The navigation and wearable technology pioneer posted record fourth-quarter revenue of $2.12 billion, a 17 percent increase from the prior-year period.
This performance comfortably cleared the $2.02 billion consensus estimate projected by analysts.
The surge was led by the fitness division, where revenue skyrocketed 42 percent year-over-year, driven by resilient demand for advanced running wearables and wellness-focused smartwatches.
On the bottom line, Garmin reported GAAP diluted earnings per share of $2.73 for the quarter.
On a pro forma basis, earnings reached $2.79 per share, handily beating the $2.40 analyst forecast.

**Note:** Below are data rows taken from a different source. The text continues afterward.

-- ===== src/Replies/Stale.antt =====
-- nfs3/allunix.go: the requests with one handle, where the map does not hold it.
use gonfs.Common.{ℕ, Text, ◌≡◌, refl, sym, Option, none, some, subst}
use gonfs.Os.{Os}
use gonfs.Types.Status.{Nfsstat3, nfs3err_stale}
use gonfs.Prog
use gonfs.Prog.{Prog, ret, ◌>>=◌, with_path}
use gonfs.Prog.Run.{done, Server, run}
use gonfs.Backend.Base.{Backend, uint64}
use gonfs.Backend.Query
use gonfs.Backend.Lookup
use gonfs.Backend.NewObject
use gonfs.Backend.Remove
use gonfs.Backend.Setattr
use gonfs.Backend.Io
use gonfs.Backend.ReadDir
use gonfs.Svc.{Request, Reply, serve, fhandle}

-- The handle of a request that has one.
abbrev pub handle_of : Request → Option ℕ
handle_of (Request.getattr fh) = uint64 fh
handle_of (Request.readlink fh) = uint64 fh
handle_of (Request.fsstat fh) = uint64 fh
handle_of (Request.fsinfo fh) = uint64 fh
handle_of (Request.pathconf fh) = uint64 fh
handle_of (Request.commit fh) = uint64 fh
handle_of (Request.readdirplus fh) = uint64 fh
handle_of (Request.access fh) = uint64 fh
handle_of (Request.lookup fh name) = uint64 fh
handle_of (Request.remove fh name) = uint64 fh
handle_of (Request.rmdir fh name) = uint64 fh
handle_of (Request.setattr fh new guard) = uint64 fh
handle_of (Request.read fh offset count) = uint64 fh
handle_of (Request.write fh offset count how bytes) = uint64 fh
handle_of (Request.create fh name how) = uint64 fh
handle_of (Request.mkdir fh name attr) = uint64 fh
handle_of (Request.symlink fh name path) = uint64 fh
handle_of (Request.readdir fh cookie count) = uint64 fh
handle_of _ = none

-- The status that a reply carries.
abbrev pub status_of : Reply → Option Nfsstat3
status_of (Reply.attributes r) = some r.status
status_of (Reply.info r) = some r.status
status_of (Reply.stats r) = some r.status
status_of (Reply.conf r) = some r.status
status_of (Reply.looked_up r) = some r.status
status_of (Reply.granted r) = some r.status
status_of (Reply.listed r) = some r.status
status_of (Reply.listed_plus r) = some r.status
status_of (Reply.made r) = some r.status
status_of (Reply.removed r) = some r.status
status_of (Reply.changed r) = some r.status
status_of (Reply.contents r) = some r.status
status_of (Reply.written r) = some r.status
status_of (Reply.committed r) = some r.status
status_of (Reply.renamed r) = some r.status
status_of (Reply.linked r) = some r.status
status_of (Reply.target r) = some r.status
status_of (Reply.unsupported s) = some s
status_of _ = none

module _ {A : Type 0} (os : Os) (s : Server os) where
  run-missing :
      (h : ℕ) (x : A) (found : Text → Prog A) (f : A → Reply)
      → s.handles h ≡ none
      → run os (do r ← with_path h (ret x) found; ret (f r)) s ≡ (done (f x), s)
  unfolding run with_path ◌>>=◌
  run-missing h x found f n =
      subst (λ o. run os (do r ← Prog.on_found (ret x) found o; ret (f r)) s ≡ (done (f x), s))
        (sym n) refl

  run-fhandle :
      (o : Option ℕ) (h : ℕ) (x : A) (found : ℕ → Text → Prog A) (f : A → Reply)
      → o ≡ some h
      → s.handles h ≡ none
      → run os (fhandle o (λ k. do r ← with_path k (ret x) (found k); ret (f r))) s
        ≡ (done (f x), s)
  unfolding fhandle
  run-fhandle o h x found f e n = rw e (run-missing h x (found h) f n)

none-some : {A P : Type 0} (a : A) → none ≡ some a → P
none-some a e = absurd (cc)

-- A request with one handle, of at least eight bytes, that the map does not hold is answered with
-- NFS3ERR_STALE: no system call is made, and the map stays as it is.
pub serve-stale :
    (os : Os) (be : Backend) (s : Server os) (r : Request) (h : ℕ)
    → handle_of r ≡ some h
    → s.handles h ≡ none
    → (a : Reply) × (run os (serve be r) s ≡ (done a, s)) × (status_of a ≡ some nfs3err_stale)
unfolding serve Query.get_file_attr Query.read_link Query.get_file_system_attr
    Query.get_file_sys_info Query.get_path_conf Io.commit Query.read_dir_plus Query.access
    Lookup.lookup Remove.remove Remove.rmdir Setattr.setattr Io.read Io.write NewObject.create
    NewObject.mkdir NewObject.symlink ReadDir.read_dir
serve-stale os be s (Request.mnt p) h e n = none-some h e
serve-stale os be s (Request.umnt p) h e n = none-some h e
serve-stale os be s Request.null h e n = none-some h e
serve-stale os be s Request.export_list h e n = none-some h e
serve-stale os be s Request.dump h e n = none-some h e
serve-stale os be s Request.umntall h e n = none-some h e
serve-stale os be s Request.mknod h e n = none-some h e
serve-stale os be s (Request.rename a b c d) h e n = none-some h e
serve-stale os be s (Request.link a b c) h e n = none-some h e
serve-stale os be s _ h e n = (_, run-fhandle os s _ h _ _ _ e n, refl)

For the full 2025 fiscal year, the company achieved record revenue of $7.25 billion and pro forma EPS of $8.56, both marking substantial double-digit growth over 2024 levels.
While the fitness, marine, aviation, and outdoor segments all reached record annual sales, the Auto OEM division remained a rare soft spot.
Revenue in that segment declined 3 percent during the quarter as legacy programs phased out, resulting in a $14 million operating loss.
However, management highlighted new collaborations with BMW and Meta as key pillars for the segment's future recovery.
Bolstered by $1.36 billion in full-year free cash flow, Garmin’s board of directors proposed a 17 percent increase to the annual dividend, raising it to $4.20 per share.
The board also authorized a new $500 million share repurchase program, signaling a robust commitment to shareholder returns after repurchasing $244 million in stock over the previous authorization cycle.
Looking toward 2026, CEO Cliff Pemble issued an optimistic outlook, guiding for revenue of $7.9 billion and pro forma EPS of $9.35.